Nerds don’t like to think—let alone talk—about how they solve problems. We don’t like to surface our processes. And we hate questioning the utility of our planning decisions: just look at any academic software if you’re unsure.

So we spend a lot of time looking at problems we can solve with trees, or other contractive representations (like even weird ones like Cartesian GP can be). Looking under the lamp post for the keys we lost.

Not because writing recursion and iteration are hard.

Because they force you to think. And thinking—this is the Dirty Little Secret of Genetic Programming—isn’t “automated”. Having to think and talk about how anybody solves a problem usefully is at odds with all the hype and self-delusion about what Genetic Programming is supposed to be about.

Though I think there is hope. Strangely enough, us nerds also seem to love systems like these. Those, like genetic programming more generally, are forcing people to frame things in that third language as well.

My Duck language, as of this writing, has all sorts of amazing stuff it can do. Map and reduce, fancy concatenative things, higher-order functions.

But it’s so awfully, awfully contractive at the moment.

The interesting thing, taking a half-dozen years and three go-rounds of having the same subjective experience?
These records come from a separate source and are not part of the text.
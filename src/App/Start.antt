-- ===== src/App/Start.antt =====
-- src/app.rs, `run`: what a node is made of, which tasks it spawns, and how it ends.
--
-- `Outside` holds the libraries: sqlx's pool and the execution of a migration, by its file, the Redis
-- clients, rdkafka, jsonwebtoken, tower-http, and `bind` and `serve` of the HTTP server. `none` is an error,
-- where the code panics by `expect` or, for the CORS layer, in the library. `serve` says whether axum's server is
-- over, by whether the future that it is given for the shutdown is done, `none` where that has panicked, and by
-- whether it is idle, with no request open.
use yappa_core.Common.{
  ◌>>=◌, string_eq, ◌==◌, not, ◌&&◌, ℕ, String, Bool, true, false, Option, none, some, List, [],
  ◌∷◌, if◌then◌else◌,
}
use yappa_core.Connection.{ConnectionRegistry, empty}
use yappa_core.Auth.Config.{Jwt, Auth}
use yappa_core.Auth.Config
use yappa_core.Kafka.Handle.{Kafka, Settings}
use yappa_core.Kafka.Handle
use yappa_core.App.Cors.{Cors, build_cors}
use yappa_core.App.Config.{AppConfig, config}

pub record Outside : Type 1 where
  pub Pool : Type 0
  pub connect : ℕ → String → Option Pool
  pub execute : String → Pool → Option Pool
  pub Client : Type 0
  pub open_client : String → Option Client
  pub RedisManager : Type 0
  pub new_manager : String → Option RedisManager
  pub TenantLimiter : Type 0
  pub new_limiter : Client → ℕ → Option TenantLimiter
  pub Producer : Type 0
  pub create_producer : Settings → Option Producer
  pub Consumer : Type 0
  pub create_consumer : Settings → Option Consumer
  pub jwt : Jwt
  pub cors : Cors
  pub S : Type 0
  pub Listener : Type 0
  pub bind : ℕ → Option Listener
  pub serve : Option Bool → Bool → Option Bool

-- What the consumer subscribes to.
abbrev pub topics : List String
topics = "messages" ∷ []

-- The handlers of the router's paths, all for GET: `health`, `ws_handler`, `get_channel_history` and
-- `get_tenant_groups`.
pub data Handler : Type 0 where
  to_health to_ws to_history to_groups : Handler

abbrev pub routes : List (String × Handler)
routes =
    ("/health", to_health)
    ∷ ("/ws", to_ws)
    ∷ ("/api/history/{tenant_id}/{channel_type}/{channel_id}", to_history)
    ∷ ("/api/groups/{tenant_id}", to_groups)
    ∷ []

-- What has come in by `ctrl_c` and the SIGTERM handler.
pub data Signal : Type 0 where
  interrupt terminate : Signal

-- Whether the future is done, where `installed` tells whether the SIGTERM handler could be installed; `none` is
-- the panic where it could not.
abbrev pub shutdown_signal : Bool → List Signal → Option Bool
shutdown_signal installed signals =
    if installed then some (elim signals [ [] ↦ false | _ ∷ _ ↦ true ]) else none

-- The tasks that run beside the server.
pub data Background : Type 0 where
  redis_listener : Background
  kafka_consumer : List String → Background
  direct_persistence_loop : Background

module _ (outside : Outside) where
  open outside use {
    Pool, connect, execute, Client, open_client, RedisManager, new_manager, TenantLimiter,
    new_limiter, Producer, create_producer, Consumer, create_consumer, jwt, cors, S, Listener, bind,
    serve,
  }

  pub record AppState : Type 0 where
    pub auth : Auth jwt
    pub registry : ConnectionRegistry S
    pub kafka : Option (Kafka Producer Consumer)
    pub pubsub : RedisManager
    pub limiter : TenantLimiter
    pub db_pool : Pool

  -- How far a node has come: `served` says whether its port could be bound, `over` whether `run` has returned, and
  -- `notified` whether it has called `shutdown` of Kafka.
  pub record Ran : Type 0 where
    pub state : AppState
    pub background : List Background
    pub router : List (String × Handler)
    pub layer : cors.CorsLayer
    pub served : Bool
    pub over : Bool
    pub notified : Bool

  abbrev pub uses_kafka : AppConfig → Bool
  uses_kafka cfg = cfg.persistence_mode == "kafka" && not (cfg.kafka_brokers == "")

  abbrev pub open_kafka : AppConfig → Option (Option (Kafka Producer Consumer))
  open_kafka cfg =
      if uses_kafka cfg
      then (do
        k ← Handle.new create_producer create_consumer cfg.kafka_brokers "realtime-ws-nodes"
        some (some k))
      else some none

  abbrev pub spawned : Option (Kafka Producer Consumer) → List Background
  spawned none = redis_listener ∷ direct_persistence_loop ∷ []
  spawned (some k) = redis_listener ∷ kafka_consumer topics ∷ []

  abbrev pub is_some : {A : Type 0} → Option A → Bool
  is_some none = false
  is_some (some a) = true

  -- The pool, with the migrations run.
  abbrev pub migrated : AppConfig → Option Pool
  migrated cfg = do
    pool ← connect 5 cfg.database_url
    messages ← execute "migrations/001_create_messages.sql" pool
    api_keys ← execute "migrations/002_create_api_key.sql" messages
    execute "migrations/003_create_groups.sql" api_keys

  abbrev pub limited : AppConfig → Option (RedisManager × TenantLimiter)
  limited cfg = do
    redis_client ← open_client cfg.redis_url
    redis_manager ← new_manager cfg.redis_url
    limiter ← new_limiter redis_client cfg.max_users_per_tenant
    some (redis_manager, limiter)

  abbrev pub ran :
      AppConfig
      → Pool
      → RedisManager × TenantLimiter
      → Option (Kafka Producer Consumer)
      → cors.CorsLayer
      → Bool
      → Ran
  ran cfg pool redis kafka layer over =
      let served = is_some (bind cfg.port) in
      record {
        state = record {
          auth = Config.new jwt cfg.jwt_secret cfg.jwt_issuer cfg.jwt_audience;
          registry = empty;
          kafka = kafka;
          pubsub = redis.0;
          limiter = redis.1;
          db_pool = pool;
        };
        background = spawned kafka;
        router = routes;
        layer = layer;
        served = served;
        over = over;
        notified = served && (over && is_some kafka);
      }

  -- A port that cannot be bound ends `run` at once; otherwise the server is given `shutdown_signal`.
  abbrev pub served_until : AppConfig → Bool → List Signal → Bool → Option Bool
  served_until cfg installed signals idle =
      if is_some (bind cfg.port) then serve (shutdown_signal installed signals) idle else some true

  unfoldable pub run : AppConfig → Bool → List Signal → Bool → Option Ran
  run cfg installed signals idle = do
    pool ← migrated cfg
    redis ← limited cfg
    kafka ← open_kafka cfg
    layer ← build_cors cors cfg.cors_origins
    over ← served_until cfg installed signals idle
    some (ran cfg pool redis kafka layer over)

  unfoldable pub main : (String → Option String) → Bool → List Signal → Bool → Option Ran
  main var installed signals idle = do cfg ← config var; run cfg installed signals idle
I only need to change one minor incidental behavior—minuscule to the point of triviality in comparison to all the rest of the last six weeks’ work—to change it from a boring old do-nothing to a flexible, expressive language that can… well, do shopping in addition to math.

And I find that interesting. Not the detail of what it is I’m gonna do. Just that it’s one dinky little (central, transformative) thing that jumps Duck from boring old consistent contractive order, to the lively edge of chaos.

And that this all is a story in the third language.